RECORDS TO PROCESS below:

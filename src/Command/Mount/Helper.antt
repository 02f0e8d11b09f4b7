-- ===== src/Command/Mount/Helper.antt =====
-- What the mount(8) helper passes on.
use remote_s3_bucket_plugin.Table.{Text, text_eq, lookup}
use remote_s3_bucket_plugin.Table.Laws.{eq_of_text_eq}
use remote_s3_bucket_plugin.Config.Source.{is_empty}
use remote_s3_bucket_plugin.Command.Args.{
  is_option, permute, parsed, parse, waits, read_flag, read_known, read_body, flag_body, cut_value,
}
use remote_s3_bucket_plugin.Command.Args.Anywhere.{starts_plain, parse_anywhere, parse-permute}
use remote_s3_bucket_plugin.Command.Flags.{
  MountFlags, Readers, flag_table, value_accepted, mount_flag_set, assign, assign_all,
  new_mount_flags,
}
use remote_s3_bucket_plugin.Command.Mount.{
  Machine, helper_words, forwarded, with_target, with_words, after_assign, after_parse, mount_words,
  run_mount, run_mount_helper,
}
use remote_s3_bucket_plugin.Prelude.{
  ◌≡◌, refl, sym, ap, ◌∙◌, inl, inr, Bool, true, false, ◌||◌, none, some, List, [], ◌∷◌, ◌++◌,
  Bool-cases, codes,
}

unfoldable pub is_housekeeping : Text → Bool
is_housekeeping arg =
    text_eq arg (codes "-s")
    || text_eq arg (codes "-f")
    || text_eq arg (codes "-n")
    || text_eq arg (codes "-v")

-- Flags of mount(8) that need nothing.
unfoldable pub AllHousekeeping : List Text → Type 0
AllHousekeeping [] = Unit
AllHousekeeping (arg ∷ args) =
    (text_eq arg (codes "-o") ≡ false) × (is_housekeeping arg ≡ true) × AllHousekeeping args

helper_words-housekeeping :
    (flags args : List Text) (opts : Text)
    → AllHousekeeping flags
    → helper_words false (flags ++ args) opts ≡ helper_words false args opts
unfolding helper_words AllHousekeeping is_housekeeping
helper_words-housekeeping [] args opts h = refl
helper_words-housekeeping (flag ∷ flags) args opts (other, h, hs) =
    rw (other, h) (helper_words-housekeeping flags args opts hs)

module _ (rd : Readers) where
  -- `-o` waits for its list.
  o_waits : read_flag (mount_flag_set rd) (codes "-o") ≡ waits (codes "o")
  unfolding mount_flag_set flag_table lookup text_eq flag_body read_body cut_value read_known
  o_waits = refl

  o_accepts : (opts : Text) → (mount_flag_set rd).accepts (codes "o") opts ≡ true
  unfolding mount_flag_set flag_table lookup text_eq value_accepted
  o_accepts opts = refl

  -- The command line that the helper forwards.
  abbrev pub line : Text → Text → Text → List Text
  line spec dir opts = spec ∷ dir ∷ codes "-o" ∷ opts ∷ []

  parse_anywhere-line :
      (spec dir opts : Text)
      → is_option spec ≡ false
      → is_option dir ≡ false
      → parse_anywhere (mount_flag_set rd) none (line spec dir opts)
        ≡ parsed ((codes "o", opts) ∷ []) (spec ∷ dir ∷ [])
  unfolding parse_anywhere is_option text_eq
  parse_anywhere-line spec dir opts h h' = rw (h, h', o_waits, o_accepts opts) refl

  parse-line :
      (spec dir opts : Text)
      → is_option spec ≡ false
      → is_option dir ≡ false
      → parse (mount_flag_set rd) none (permute (mount_flag_set rd) (line spec dir opts))
        ≡ parsed ((codes "o", opts) ∷ []) (spec ∷ dir ∷ [])
  unfolding starts_plain
  parse-line spec dir opts h h' =
      parse-permute (mount_flag_set rd) (line spec dir opts) ((codes "o", opts) ∷ [])
        (spec ∷ dir ∷ []) (parse_anywhere-line spec dir opts h h') (rw h refl)

  assign_all-list :
      (opts : Text) (m : MountFlags)
      → assign_all rd ((codes "o", opts) ∷ []) m ≡ some (record m { option_list = opts })
  unfolding assign_all flag_table lookup text_eq assign
  assign_all-list opts m = refl

other_word : (arg k : Text) → is_option arg ≡ false → is_option k ≡ true → text_eq arg k ≡ false
other_word arg k h option = elim (Bool-cases (text_eq arg k)) [
  | inr other ↦ other
  | inl same ↦
      let clash : true ≡ false = sym option ∙ sym (ap is_option (eq_of_text_eq arg k same)) ∙ h in
      cc
]

helper_words-plain :
    (arg : Text) (args : List Text) (opts : Text)
    → is_option arg ≡ false
    → helper_words false (arg ∷ args) opts
      ≡ (arg ∷ (helper_words false args opts).0, (helper_words false args opts).1)
unfolding helper_words is_option
helper_words-plain arg args opts h =
    rw
      (
        other_word arg (codes "-o") h refl,
        other_word arg (codes "-s") h refl,
        other_word arg (codes "-f") h refl,
        other_word arg (codes "-n") h refl,
        other_word arg (codes "-v") h refl,
      )
      refl

helper_words-list : (opts : Text) → helper_words false (codes "-o" ∷ opts ∷ []) [] ≡ ([], opts)
unfolding helper_words text_eq
helper_words-list opts = refl

helper_words-line :
    (spec dir opts : Text) (flags : List Text)
    → is_option spec ≡ false
    → is_option dir ≡ false
    → AllHousekeeping flags
    → helper_words false (spec ∷ dir ∷ (flags ++ codes "-o" ∷ opts ∷ [])) []
      ≡ (spec ∷ dir ∷ [], opts)
helper_words-line spec dir opts flags h h' quiet =
    let rest = flags ++ codes "-o" ∷ opts ∷ [] in
    let last : helper_words false rest [] ≡ ([], opts) =
      helper_words-housekeeping flags (codes "-o" ∷ opts ∷ []) [] quiet ∙ helper_words-list opts in
    helper_words-plain spec (dir ∷ rest) [] h
    ∙ ap (λ r. (spec ∷ r.0, r.1)) (helper_words-plain dir rest [] h')
    ∙ ap (λ r. (spec ∷ dir ∷ r.0, r.1)) last

forwarded-line :
    (rd : Readers) (spec dir opts : Text)
    → is_empty opts ≡ false
    → forwarded (spec ∷ dir ∷ [], opts) ≡ some (line rd spec dir opts)
unfolding forwarded
forwarded-line rd spec dir opts h = rw h refl

run_mount-line :
    (w : Machine) (spec dir opts : Text)
    → is_option spec ≡ false
    → is_option dir ≡ false
    → run_mount w (line w.readers spec dir opts)
      ≡ with_target w
          ((codes "o", opts) ∷ [])
          spec
          dir
          (record (new_mount_flags w.env w.uid w.gid) { option_list = opts })
unfolding run_mount after_parse with_words
run_mount-line w spec dir opts h h' =
    ap (after_parse w) (parse-line w.readers spec dir opts h h')
    ∙ ap (λ m. after_assign w ((codes "o", opts) ∷ []) (spec ∷ dir ∷ []) m)
        (assign_all-list w.readers opts (new_mount_flags w.env w.uid w.gid))

-- The helper, called as mount(8) does with a source, a directory, flags that need nothing and a list
-- of options, mounts that source on that directory, with the list as the only flag.
pub run_mount_helper-with_target :
    (w : Machine) (spec dir opts : Text) (flags : List Text)
    → is_option spec ≡ false
    → is_option dir ≡ false
    → is_empty opts ≡ false
    → AllHousekeeping flags
    → run_mount_helper w (spec ∷ dir ∷ (flags ++ codes "-o" ∷ opts ∷ []))
      ≡ with_target w
          ((codes "o", opts) ∷ [])
          spec
          dir
          (record (new_mount_flags w.env w.uid w.gid) { option_list = opts })
unfolding run_mount_helper
run_mount_helper-with_target w spec dir opts flags h h' some_opts quiet =
    ap (λ r. mount_words w (forwarded r)) (helper_words-line spec dir opts flags h h' quiet)
    ∙ ap (mount_words w) (forwarded-line w.readers spec dir opts some_opts)
    ∙ run_mount-line w spec dir opts h h'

End of RECORDS TO PROCESS.

EXERCISE PROMPT >> Only the lines above from the one with "unfoldable pub is_housekeeping : Text → Bool" through the one with "AllHousekeeping (arg ∷" should be duplicated, character for character.

EXERCISE SOLUTION >>
unfoldable pub is_housekeeping : Text → Bool
is_housekeeping arg =
    text_eq arg (codes "-s")
    || text_eq arg (codes "-f")
    || text_eq arg (codes "-n")
    || text_eq arg (codes "-v")

-- Flags of mount(8) that need nothing.
unfoldable pub AllHousekeeping : List Text → Type 0
AllHousekeeping [] = Unit
AllHousekeeping (arg ∷ args) =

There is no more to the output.